With some simple division, we can derive the specific heat capacity of water from our hypothetical cup of water.

\(\text{Specific heat capacity (}c\text{)} =\) \(qmass \times ΔT= \frac{1000\text{ joules}}{47.8\text{ g} \times 5\text{ K}}\)\(=4.184\text{ J/gK}\)

From this, we know now that it takes 4.184 joules to raise the temperature of 1 gram of water by 1 degree Celsius—that’s the specific heat capacity of water.

This is really helpful to scientists because once determined, the specific heat capacity can be used to calculate the heat absorbed or released by a system simply by measuring the temperature change and mass. Let’s try that out.

Let’s look at a new cup of water, let’s say a mug of 350 grams that’s boiling. The water starts at 100ºC and cools down to 90ºC. We want to know how much heat was released from the water to the surrounding environment. Since we know the specific heat capacity of water is 4.184 joules per gram Kelvin, we simply need to rearrange our previous equation to solve for \(q\) (the heat released).

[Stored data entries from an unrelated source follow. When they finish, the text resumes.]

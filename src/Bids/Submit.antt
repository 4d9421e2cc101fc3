-- ===== src/Bids/Submit.antt =====
-- services/auction_service.py, and bid_service.submit_bid with its eligibility check: what the
-- REST endpoint does with a bid before the worker decides it.
pub mod Published
pub mod Tests
use awa_platform.Prelude.{
  ℕ, String, ◌≡◌, Bool, Option, none, some, List, [], ◌∷◌, if◌then◌else◌, str_eq,
}
use awa_platform.Prelude.Int.{ℤ}
use awa_platform.Exceptions.{
  Result, ok, raise, auction_not_found_error, auction_not_live_error, bid_not_eligible_error,
  bid_publish_error, ◌>>=◌,
}
use awa_platform.Models.Auction.{Auction}
use awa_platform.Models.User.{User}
use awa_platform.Session.{Db}
use awa_platform.Roles.{Collation, meets, get_user_roles, role_names}
use awa_platform.Bids.Decide.{find_auction}
use awa_platform.Bids.Envelope.{Fields, end, field, string, object, loaded, number, Stdlib}

-- How the values are written, with the round trips through json, uuid and decimal.
pub record Printer {Bytes : Type 0} (lib : Stdlib Bytes) : Type 0 where
  pub dumps : Fields → Bytes
  pub str_uuid : ℕ → String
  pub str_decimal : ℤ → String
  pub isoformat : ℕ → String
  pub loads-dumps : (fields : Fields) → lib.loads (dumps fields) ≡ loaded (object fields)
  pub uuid-str : (n : ℕ) → lib.uuid (string (str_uuid n)) ≡ ok n
  pub uuid_of_str-str : (n : ℕ) → lib.uuid_of_str (string (str_uuid n)) ≡ some n
  pub decimal-str : (x : ℤ) → lib.decimal (string (str_decimal x)) ≡ number x

abbrev pub or_not_found : ℕ → Option Auction → Result Auction
or_not_found auction_id none = raise (auction_not_found_error auction_id)
or_not_found auction_id (some auction) = ok auction

unfoldable pub get_auction : ℕ → Db → Result Auction
get_auction auction_id db = or_not_found auction_id (find_auction auction_id db)

abbrev pub or_not_live : ℕ → Auction → Result Auction
or_not_live auction_id auction =
    if str_eq auction.status "live"
    then ok auction
    else raise (auction_not_live_error auction_id auction.status)

unfoldable pub get_live_auction : ℕ → Db → Result Auction
unfolding get_auction
get_live_auction auction_id db = get_auction auction_id db >>= or_not_live auction_id

abbrev pub required_bid_roles : List String
required_bid_roles = "Buyer" ∷ "AuctionsHead" ∷ []

unfoldable pub validate_bid_eligibility : List String → Result (Unit {0})
validate_bid_eligibility names =
    if meets names required_bid_roles
    then ok tt
    else raise (bid_not_eligible_error "Only Buyer or AuctionsHead roles may place bids (BRD R088)")

pub record BidAccepted : Type 0 where
  pub bid_id : ℕ
  pub auction_id : ℕ
  pub submitted_at : ℕ

-- The new bid id, the clock, whether `publish_event` raises, and if so whether the broker has
-- appended the message all the same.
pub record Submission : Type 0 where
  pub bid_id : ℕ
  pub submitted_at : ℕ
  pub kafka_fails : Bool
  pub appended : Bool

module _ {Bytes : Type 0} (lib : Stdlib Bytes) (out : Printer lib) where
  -- The messages of the bids topic with their keys, newest first.
  abbrev pub Topic : Type 0
  Topic = List (String × Bytes)

  abbrev pub envelope_of : Submission → (auction_id bidder_id : ℕ) → ℤ → Fields
  envelope_of sub auction_id bidder_id amount = field "bid_id" (string (out.str_uuid sub.bid_id)) (
      field "auction_id" (string (out.str_uuid auction_id)) (
        field "bidder_id" (string (out.str_uuid bidder_id)) (
          field "amount" (string (out.str_decimal amount))
            (field "submitted_at" (string (out.isoformat sub.submitted_at)) end))))

  -- The key is the auction, for the order within its partition.
  abbrev pub message_of : Submission → (auction_id bidder_id : ℕ) → ℤ → String × Bytes
  message_of sub auction_id bidder_id amount =
      (out.str_uuid auction_id, out.dumps (envelope_of sub auction_id bidder_id amount))

  unfoldable pub publish_bid :
      Submission → (auction_id bidder_id : ℕ) → ℤ → Topic → Result BidAccepted × Topic
  publish_bid sub auction_id bidder_id amount topic =
      let written = message_of sub auction_id bidder_id amount ∷ topic in
      if sub.kafka_fails
      then (raise bid_publish_error, if sub.appended then written else topic)
      else (
        ok (record {
          bid_id = sub.bid_id;
          auction_id = auction_id;
          submitted_at = sub.submitted_at;
        }),
        written,
      )

  unfoldable pub submit_checked :
      Result (Unit {0})
      → Submission
      → (auction_id bidder_id : ℕ) → ℤ
      → Topic
      → Result BidAccepted × Topic
  submit_checked (raise e) sub auction_id bidder_id amount topic = (raise e, topic)
  submit_checked (ok u) sub auction_id bidder_id amount topic =
      publish_bid sub auction_id bidder_id amount topic

  unfoldable pub submit_bid :
      Collation → Submission → Db → (auction_id : ℕ) → User → ℤ → Topic → Result BidAccepted × Topic
  unfolding submit_checked
  submit_bid col sub db auction_id user amount topic =
      submit_checked
        (get_live_auction auction_id db >>= λ auction.
          validate_bid_eligibility (role_names (get_user_roles col user.id db)))
        sub auction_id user.id amount topic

\(q=c \times \text{mass} \times ∆T\)\(=4.184 \text{ J/gK} \times 350 \text{g} \times -10 \text{ K}\)\(=-14,644 \text{ J}\)

Since we knew the specific heat capacity of water, calculating the heat released from the system was easy!

Note here that the negative sign simply tells us that the system (the mug of water) released heat to the surrounding system rather than absorbed it.

Now that we’ve defined specific heat capacity and demonstrated how it can be used to calculate the heat transferred from or to a system, let’s look at why the specific heat capacity changes between substances.

For example, the specific heat capacity of ethanol is 2.18 joules per gram Kelvin, almost half of water. If we have one gram of water and one gram of ethanol both at 0ºC, it would take 4.18 joules of heat to raise the temperature of water to 1ºC, and only 2.18 joules for ethanol. The liquids reach the same temperature but require different amounts of heat. Why?

Remember, to increase the temperature, we need to increase the average translational kinetic energy of the molecules (make the molecules move faster). But the internal energy of a substance is more than just the translational kinetic energy, it also includes potential energy from intermolecular interactions. When heat is transferred to a system, it is distributed amongst the kinetic and potential energies.

So, if a system has more potential energy, a smaller proportion of the transferred heat is distributed to the kinetic energy, yielding a smaller increase in temperature. To better understand this concept, let’s look at water and ethanol again.

In water, there is a complex network of hydrogen bonds between the molecules. Those interactions are part of the potential energy and need to be overcome, or broken, to increase the average translational kinetic energy. So, when we heat water, some of that energy is used to break up the hydrogen bonding network instead of increasing the kinetic energy, resulting in a large specific heat capacity. Conversely, in ethanol, there are fewer hydrogen bonds per molecule, or less potential energy, and therefore a larger proportion of the heat transferred is used to increase the average kinetic energy, which results in a smaller specific heat capacity.

Review

Okay, let’s wrap up with a review. First, we reviewed the scientific definitions of temperature and heat and related them using specific heat capacity. Using water as an example, we showed how once we know the specific heat capacity, it is quite easy to determine the heat transferred from or to a system. And finally, we considered from a microscopic view why substances have different specific heat capacities.

Thanks for watching and happy studying!

Specific heat capacity refers to the amount of energy or heat required to increase the temperature of 1 gram of a substance by one degree Celsius.

A key characteristic of water is its high specific heat capacity. Water has to absorb 4,184 Joules of heat, or 1 calorie, to increase in temperature of 1 kilogram of water by 1 degree Celsius.

The units often expressed for specific heat capacity are J/(g×C) or J/(kg×C).

Heat capacity, also known as thermal mass, refers to the amount of heat energy require to raise the temperature of an object, and is measure in Joules per Kelvin or Joules per degree Celsius. Specific heat capacity, also known as specific heat, is the heat capacity per unit mass.